The events illustrate the role of robust diplomatic engagement—inclusive of state or government actors, civil society organizations, and individuals—in advancing religious freedom and associated rights in diverse countries and contexts. But how do we ensure engagement in diplomatic efforts like the Summit and Ministerial lead to practical and sustainable improvements in religious freedom for communities in participating countries?

This Cornerstone Forum series invites experts to reflect on their experiences in efforts to advance religious freedom globally, engage key stakeholders in the process, and safeguard against mere symbolic support for religious freedom to ensure this right is secure for everyone, everywhere.

To see other pieces in this series visit: Cornerstone Forum: Translating Diplomatic Engagement to On-the-Ground Improvements in Religious Freedom


Nigeria is in the eye of the storm for insecurity and persecution, where the rights of minorities — including Christians — are violated with reckless abandon. Nigeria is now a country where being a Christian is synonymous with martyrdom. Beyond the few figures reported in Western media, issues of religious freedom in the country are real and grave. The issues are complicated because of palpable fear, political correctness, lack of an agreeable response from leading Church figures and at times, fear of elimination. Beyond the physical violence, there are all kinds of discriminatory and marginalizing legal and non-legal instruments used to exclude Christians from access to power, including infringements on the right to freedom of worship. Although freedom of religion is enshrined in Section 38 subsection 1 of the 1999 Constitution, the precarious nature of being a Christian in Nigeria leaves no one in doubt that such constitutional provisions are merely on paper. 

What constitutes infringement of religious freedom can be traced to pre-colonial Nigeria. First, the expansion of jihad (holy war) waged by Usman Dan Fodio against the Hausa State of Gobir from 1804 to 1808 set the stage for abuse of religious freedom in Nigeria. In that war, Dan Fodi annexed Northern Nigeria for Islam with plans to make inroads across the country. The native Hausas fell victims to this onslaught. This was met with strong resistance in the Middle Belt, the southeast, and the southern regions of the country. Tensions between Muslims and Christians across the nation—and particularly in those northern areas annexed by Fodio—have fomented ever since.

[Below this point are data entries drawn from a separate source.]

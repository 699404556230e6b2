-- ===== src/Utilization/Writer/Fields.antt =====
-- What the reconciled fields of a row are worth after
-- chief-of-staff/backend/app/motive/vehicle_utilization_writer.py has set them.
use mathlib.Core.Path.{subst}
use polaris_lab.Base.{
  true, false, Bool-cases, Option, List, [], ◌∷◌, ◌≡◌, refl, sym, ◌∙◌, ap, ◌⊎◌, inl, inr,
}
use polaris_lab.Outcome.{ok, ◌>>=◌, >>=-eq-ok, ok-inj}
use polaris_lab.Python.Decimal.{Decimal}
use polaris_lab.Utilization.Rollup.{Rollup, Metrics}
use polaris_lab.Utilization.Writer.Store.{
  UtilizationRecord, Field, utilization_percent, idle_time, driving_time, idle_fuel, driving_fuel,
  get, put, Database, stored_value,
}
use polaris_lab.Utilization.Writer.Plan.{
  compute_mutable_field_changes, decimal_differs, Changes, candidate_fields, field_changes,
  mutable_on_provider_reconciliation,
}
use polaris_lab.Utilization.Writer.Replay.{AreSame}

get-put :
    (f g : Field) → (f ≡ g) ⊎ ((v : Option Decimal) (m : Metrics) → get f (put g v m) ≡ get f m)
get-put utilization_percent utilization_percent = inl refl
get-put idle_time idle_time = inl refl
get-put driving_time driving_time = inl refl
get-put idle_fuel idle_fuel = inl refl
get-put driving_fuel driving_fuel = inl refl
get-put f g = inr (λ v m. refl)

get-put_same : (f : Field) (v : Option Decimal) (m : Metrics) → get f (put f v m) ≡ v
get-put_same utilization_percent v m = refl
get-put_same idle_time v m = refl
get-put_same driving_time v m = refl
get-put_same idle_fuel v m = refl
get-put_same driving_fuel v m = refl

abbrev Pending : Field → List Field → Type 0
Pending f [] = ⊥
Pending f (g ∷ fields) = (f ≡ g) ⊎ Pending f fields

pending : (f : Field) → Pending f candidate_fields
pending utilization_percent = inl refl
pending idle_time = inr (inl refl)
pending driving_time = inr (inr (inl refl))
pending idle_fuel = inr (inr (inr (inl refl)))
pending driving_fuel = inr (inr (inr (inr (inl refl))))

mutable : (f : Field) → mutable_on_provider_reconciliation f ≡ true
mutable utilization_percent = refl
mutable idle_time = refl
mutable driving_time = refl
mutable idle_fuel = refl
mutable driving_fuel = refl

module _ (db : Database) where
  -- The metrics after the changes were set on them one by one.
  abbrev pub applied : Changes → Metrics → Metrics
  applied [] m = m
  applied ((f, v) ∷ changes) m = applied changes (put f (stored_value db v) m)

  -- The columns keep the values of these metrics.
  abbrev pub AreExact : Metrics → Type 0
  AreExact m = (f : Field) → decimal_differs (stored_value db (get f m)) (get f m) ≡ false

  module _ (a b : Metrics) (exact : AreExact b) where
    abbrev IsRight : Metrics → Field → Type 0
    IsRight m f = decimal_differs (get f m) (get f b) ≡ false

    abbrev Invariant : List Field → Metrics → Type 0
    Invariant fields m =
        (f : Field)
        → (Pending f fields × (decimal_differs (get f a) (get f b) ≡ true)) ⊎ IsRight m f

    pass :
        (g : Field) (fields : List Field) (m : Metrics)
        → decimal_differs (get g a) (get g b) ≡ false
        → Invariant (g ∷ fields) m
        → Invariant fields m
    pass g fields m agrees inv f = elim (inv f) [
      | inl (inl here, differs) ↦
          let clash : true ≡ false =
            sym differs ∙ ap (λ x. decimal_differs (get x a) (get x b)) here ∙ agrees in
          cc
      | inl (inr later, differs) ↦ inl (later, differs)
      | inr right ↦ inr right
    ]

    put-IsRight : (f : Field) (m : Metrics) → IsRight (put f (stored_value db (get f b)) m) f
    put-IsRight f m =
        ap (λ v. decimal_differs v (get f b)) (get-put_same f (stored_value db (get f b)) m)
        ∙ exact f

    put-Invariant :
        (g : Field) (fields : List Field) (m : Metrics)
        → Invariant (g ∷ fields) m
        → Invariant fields (put g (stored_value db (get g b)) m)
    put-Invariant g fields m inv f = elim (get-put f g) [
      | inl same ↦
          inr (subst (λ x. IsRight (put x (stored_value db (get x b)) m) f) same (put-IsRight f m))
      | inr other ↦ elim (inv f) [
        | inl (inl here, differs) ↦
            inr
              (subst (λ x. IsRight (put x (stored_value db (get x b)) m) f) here (put-IsRight f m))
        | inl (inr later, differs) ↦ inl (later, differs)
        | inr right ↦
            inr
              (ap (λ v. decimal_differs v (get f b)) (other (stored_value db (get g b)) m) ∙ right)
      ]
    ]

    applied-IsRight :
        (fields : List Field) (changes : Changes) (m : Metrics)
        → field_changes fields a b ≡ ok changes
        → Invariant fields m
        → (f : Field) → IsRight (applied changes m) f
    unfolding field_changes
    applied-IsRight [] changes m h inv f = elim (inv f) [
      | inl (none_left, differs) ↦ elim none_left [ ]
      | inr right ↦ subst (λ cs. IsRight (applied cs m) f) (ok-inj h) right
    ]
    applied-IsRight (g ∷ fields) changes m h inv f =
        elim (Bool-cases (decimal_differs (get g a) (get g b))) [
          | inl differs ↦
              let found : (field_changes fields a b >>= λ cs. ok ((g, get g b) ∷ cs)) ≡ ok changes =
                rw (differs, mutable g) at h in
              let got = >>=-eq-ok (field_changes fields a b) _ found in
              subst (λ cs. IsRight (applied cs m) f) (ok-inj got.2)
                (applied-IsRight fields got.0 (put g (stored_value db (get g b)) m) got.1
                  (put-Invariant g fields m inv) f)
          | inr agrees ↦
              let rest : field_changes fields a b ≡ ok changes = rw agrees at h in
              applied-IsRight fields changes m rest (pass g fields m agrees inv) f
        ]

    start-Invariant :
        (f : Field)
        → (Pending f candidate_fields × (decimal_differs (get f a) (get f b) ≡ true)) ⊎ IsRight a f
    start-Invariant f = elim (Bool-cases (decimal_differs (get f a) (get f b))) [
      | inl differs ↦ inl (pending f, differs)
      | inr agrees ↦ inr agrees
    ]

    -- The changes that were computed make the metrics those of the rollup.
    pub applied-AreSame :
        (changes : Changes)
        → field_changes candidate_fields a b ≡ ok changes
        → AreSame (applied changes a) b
    applied-AreSame changes h = applied-IsRight candidate_fields changes a h start-Invariant

field_changes-returns :
    (fields : List Field) (a b : Metrics)
    → (changes : Changes) × (field_changes fields a b ≡ ok changes)
unfolding field_changes
field_changes-returns [] a b = ([], refl)
field_changes-returns (g ∷ fields) a b =
    let rest = field_changes-returns fields a b in
    elim (Bool-cases (decimal_differs (get g a) (get g b))) [
      | inl differs ↦ ((g, get g b) ∷ rest.0, rw (differs, mutable g, rest.1) refl)
      | inr agrees ↦ (rest.0, rw agrees rest.1)
    ]

field_changes-differs :
    (fields : List Field) (a b : Metrics) (f : Field)
    → Pending f fields
    → decimal_differs (get f a) (get f b) ≡ true
    → (c : Field × Option Decimal) × (changes : Changes) × (field_changes fields a b
        ≡ ok (c ∷ changes))
unfolding field_changes
field_changes-differs [] a b f none_left d = elim none_left [ ]
field_changes-differs (g ∷ fields) a b f here d =
    let rest = field_changes-returns fields a b in
    elim (Bool-cases (decimal_differs (get g a) (get g b))) [
      | inl differs ↦ ((g, get g b), rest.0, rw (differs, mutable g, rest.1) refl)
      | inr agrees ↦ elim here [
        | inl same ↦
            let clash : true ≡ false =
              sym d ∙ ap (λ x. decimal_differs (get x a) (get x b)) same ∙ agrees in
            cc
        | inr later ↦
            let more = field_changes-differs fields a b f later d in
            (more.0, more.1, rw agrees more.2)
      ]
    ]

-- A row that differs from a rollup in any of the five metrics is given at least one change: the
-- computation of the changes returns, and not with an empty list.
pub changes-differs :
    (existing : UtilizationRecord) (r : Rollup) (f : Field)
    → decimal_differs (get f existing.metrics) (get f r.metrics) ≡ true
    → (c : Field × Option Decimal) × (changes : Changes) × (compute_mutable_field_changes existing r
        ≡ ok (c ∷ changes))
unfolding compute_mutable_field_changes
changes-differs existing r f d =
    field_changes-differs candidate_fields existing.metrics r.metrics f (pending f) d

Religious Freedom in Nigeria

As a country, Nigeria includes more than 400 languages, 250 ethnicities as well as rich cultural and religious identities. As such, Section 10 of the 1999 Constitution states that Nigeria is a “secular state.” The Constitution also “prohibits both states and the Federal Government from adopting any religion as state religion; and guarantees to every person the right to freedom of thought, conscience and religion as well as the right to freedom from discrimination on grounds, inter alia, of religion.”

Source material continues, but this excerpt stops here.